WRITE_NOS allows you to extract selected or all columns from a database table or from derived results and write to external object storage, such as Amazon S3, Azure Blob storage, Azure Data Lake Storage Gen2, and Google Cloud Storage.

WRITE_NOS stores data in Parquet format.

Data written to external object storage can be queried using a foreign table and READ_NOS.

You can use WRITE_NOS to transform CSV and JSON data without having to write it locally to a relational table. Read the CSV or JSON data using CREATE FOREIGN TABLE or READ_NOS, then use WRITE_NOS to write the data in Parquet format.

WRITE_NOS can write relational data to external object store, which you can partition in an optimal way for reading back based on expected query usage.

The maximum input data for both READ_NOS and WRITE_NOS is 16,776,192 bytes (including LOB and LOB-based UDT columns).
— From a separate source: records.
-- ===== src/Rtp.antt =====
-- src/rtp.h and src/rtp.c: the RTP header, the encoder and decoder objects, and their dispatch.
pub mod Header
pub mod Encoder
pub mod Decoder
pub mod Audio
mod Tests
pub mod Dispatch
It is the responsibility of the user to clean up object store files on interrupted write operations. Write operations can be interrupted on transaction aborts or system resets, among other reasons.

Concurrent WRITE_NOS requests to the same location are likely to cause an error to be returned. If a request gets an error, any objects written by the request are not deleted from external storage and must be manually cleaned up using tools provided by the external object store vendor, such as s3cmd. To avoid this, Teradata recommends specifying a unique location for concurrent requests.

An error is reported if you attempt to write an object with same path name in the same location.